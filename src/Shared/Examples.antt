-- ===== src/Shared/Examples.antt =====
-- The summaries of packages/shared/src/utils/metrics.ts on a concrete sample.
use auto_monitor_bot.Base.{ℕ, ◌≡◌, refl, List, [], ◌∷◌, some, sort_by, insert_by}
use auto_monitor_bot.Shared.Metrics.{percentile, summarize_sorted, summarize_metric}

abbrev samples : List ℕ
samples = 40 ∷ 10 ∷ 30 ∷ 20 ∷ 90 ∷ []

samples_p50 : (summarize_metric samples).p50 ≡ some 30
unfolding summarize_metric summarize_sorted percentile sort_by insert_by
samples_p50 = refl
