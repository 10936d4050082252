-- ===== src/Shared/Metrics/Percentiles.antt =====
-- The percentiles of packages/shared/src/utils/metrics.ts against their definition by rank.
use native.Mathlib.Nat.{mul-le-mul_left}
use mathlib.Core.Option.{some-injective}
use auto_monitor_bot.Base.{
  ℕ, zero, suc, ◌+◌, ◌-◌, ◌*◌, ◌/◌, ◌≤◌, ◌<◌, min, ◌≡◌, refl, sym, ap, ◌∙◌, subst, false, List, [],
  ◌∷◌, some, arith, ltb, leb, or_else, length, get_elem?, count_by, count_by-sort_by,
  length-sort_by, sort_by, IsSortedBy, sort_by-IsSortedBy, All,
}
use auto_monitor_bot.Shared.Metrics.{percentile, summarize_sorted, summarize_metric}

All-get_elem? {ℓ} :
    {A : Type ℓ} (P : A → Type 0) (xs : List A) (i : ℕ) {v : A}
    → All P xs
    → get_elem? xs i ≡ some v
    → P v
All-get_elem? P [] i a h = cc
All-get_elem? P (x ∷ xs) zero a h = subst P (some-injective _ _ h) a.0
All-get_elem? P (x ∷ xs) (suc i) a h = All-get_elem? P xs i a.1 h

-- In a sorted list the element at an index has that many elements, and one, up to it.
rank-get_elem? :
    (xs : List ℕ) (i : ℕ) {v : ℕ}
    → IsSortedBy ltb xs
    → get_elem? xs i ≡ some v
    → suc i ≤ count_by (λ y. leb y v) xs
rank-get_elem? [] i s h = cc
rank-get_elem? (x ∷ xs) zero s h = ground arith
rank-get_elem? (x ∷ xs) (suc i) {v} s h =
    ground (arith, rank-get_elem? xs i s.1 h, All-get_elem? (λ y. ltb y x ≡ false) xs i s.0 h)

get_elem?_mono :
    (xs : List ℕ) (i j : ℕ) {v w : ℕ}
    → IsSortedBy ltb xs
    → i ≤ j
    → get_elem? xs i ≡ some v
    → get_elem? xs j ≡ some w
    → v ≤ w
get_elem?_mono [] i j s l h k = cc
get_elem?_mono (x ∷ xs) zero zero s l h k = ground arith
get_elem?_mono (x ∷ xs) zero (suc j) s l h k =
    ground (arith, All-get_elem? (λ y. ltb y x ≡ false) xs j s.0 k)
get_elem?_mono (x ∷ xs) (suc i) zero s l h k = absurd (omega arith)
get_elem?_mono (x ∷ xs) (suc i) (suc j) s l h k = get_elem?_mono xs i j s.1 (omega arith) h k

get_elem?-some {ℓ} :
    {A : Type ℓ} (xs : List A) (i : ℕ) → i < length xs → (v : A) × (get_elem? xs i ≡ some v)
get_elem?-some [] i h = absurd (omega arith)
get_elem?-some (x ∷ xs) zero h = (x, refl)
get_elem?-some (x ∷ xs) (suc i) h = get_elem?-some xs i (omega arith)

-- The index of a percentile, for a percentage between 1 and 100.
abbrev rank_index : ℕ → ℕ → ℕ
rank_index n percent = min (n - 1) ((n * percent + 99) / 100 - 1)

percentile-get_elem? :
    (sorted : List ℕ) (percent : ℕ)
    → 0 < length sorted
    → get_elem? sorted (rank_index (length sorted) percent) ≡ some (percentile sorted percent)
unfolding percentile
percentile-get_elem? sorted percent h =
    let (v, e) = get_elem?-some sorted (rank_index (length sorted) percent) (omega arith) in
    e ∙ ap some (sym (ap (λ o. or_else o 0) e))

-- At least so many percent of the samples are no larger than the percentile.
percentile-rank :
    (sorted : List ℕ) (percent : ℕ)
    → IsSortedBy ltb sorted
    → 0 < length sorted
    → percent ≤ 100
    → length sorted * percent ≤ 100 * count_by (λ y. leb y (percentile sorted percent)) sorted
percentile-rank sorted percent s h p =
    enough (length sorted) percent _ h p
      (rank-get_elem? sorted _ s (percentile-get_elem? sorted percent h))
  where
    enough :
        (n percent c : ℕ)
        → 0 < n
        → percent ≤ 100
        → suc (rank_index n percent) ≤ c
        → n * percent ≤ 100 * c
    enough n percent c h p k = omega (arith, k, mul-le-mul_left n p)

percentile_mono :
    (sorted : List ℕ) (p q : ℕ)
    → IsSortedBy ltb sorted
    → 0 < length sorted
    → p ≤ q
    → percentile sorted p ≤ percentile sorted q
percentile_mono sorted p q s h l =
    get_elem?_mono sorted _ _ s (omega (arith, mul-le-mul_left (length sorted) l))
      (percentile-get_elem? sorted p h) (percentile-get_elem? sorted q h)

-- The 95th percentile that a summary shows is one by rank: at least 95 percent of the samples, in
-- whatever order they came, are no larger; and the percentiles are ordered.
pub summarize_metric-percentiles :
    (values : List ℕ)
    → 0 < length values
    → (p50 p95 p99 : ℕ) × ((summarize_metric values).p50 ≡ some p50)
      × ((summarize_metric values).p95 ≡ some p95)
      × ((summarize_metric values).p99 ≡ some p99)
      × (p50 ≤ p95)
      × (p95 ≤ p99)
      × ((summarize_metric values).count ≡ length values)
      × (length values * 95 ≤ 100 * count_by (λ y. leb y p95) values)
unfolding summarize_metric summarize_sorted
summarize_metric-percentiles [] h = absurd (omega arith)
summarize_metric-percentiles (x ∷ xs) h = (
  percentile sorted 50,
  percentile sorted 95,
  percentile sorted 99,
  refl,
  refl,
  refl,
  percentile_mono sorted 50 95 ordered nonempty (omega arith),
  percentile_mono sorted 95 99 ordered nonempty (omega arith),
  same_length,
  omega (
    arith,
    percentile-rank sorted 95 ordered nonempty (omega arith),
    count_by-sort_by ltb (λ y. leb y (percentile sorted 95)) (x ∷ xs),
    same_length,
  ),
)
  where
    sorted : List ℕ
    sorted = sort_by ltb (x ∷ xs)

    ordered : IsSortedBy ltb sorted
    ordered = sort_by-IsSortedBy ltb (λ a b k. ground arith) (λ a b c k l. ground arith) (x ∷ xs)

    same_length : length sorted ≡ length (x ∷ xs)
    same_length = length-sort_by ltb (x ∷ xs)

    nonempty : 0 < length sorted
    nonempty = omega (arith, same_length)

WHAT YOU SHOULD DO
Retype the line containing "percentile_mono sorted 50" and each line after it through the end of the listing, exactly, leaving out everything else.

WORKED SOLUTION
  percentile_mono sorted 50 95 ordered nonempty (omega arith),
  percentile_mono sorted 95 99 ordered nonempty (omega arith),
  same_length,
  omega (
    arith,
    percentile-rank sorted 95 ordered nonempty (omega arith),
    count_by-sort_by ltb (λ y. leb y (percentile sorted 95)) (x ∷ xs),
    same_length,
  ),
)
  where
    sorted : List ℕ
    sorted = sort_by ltb (x ∷ xs)

    ordered : IsSortedBy ltb sorted
    ordered = sort_by-IsSortedBy ltb (λ a b k. ground arith) (λ a b c k l. ground arith) (x ∷ xs)

    same_length : length sorted ≡ length (x ∷ xs)
    same_length = length-sort_by ltb (x ∷ xs)

    nonempty : 0 < length sorted
    nonempty = omega (arith, same_length)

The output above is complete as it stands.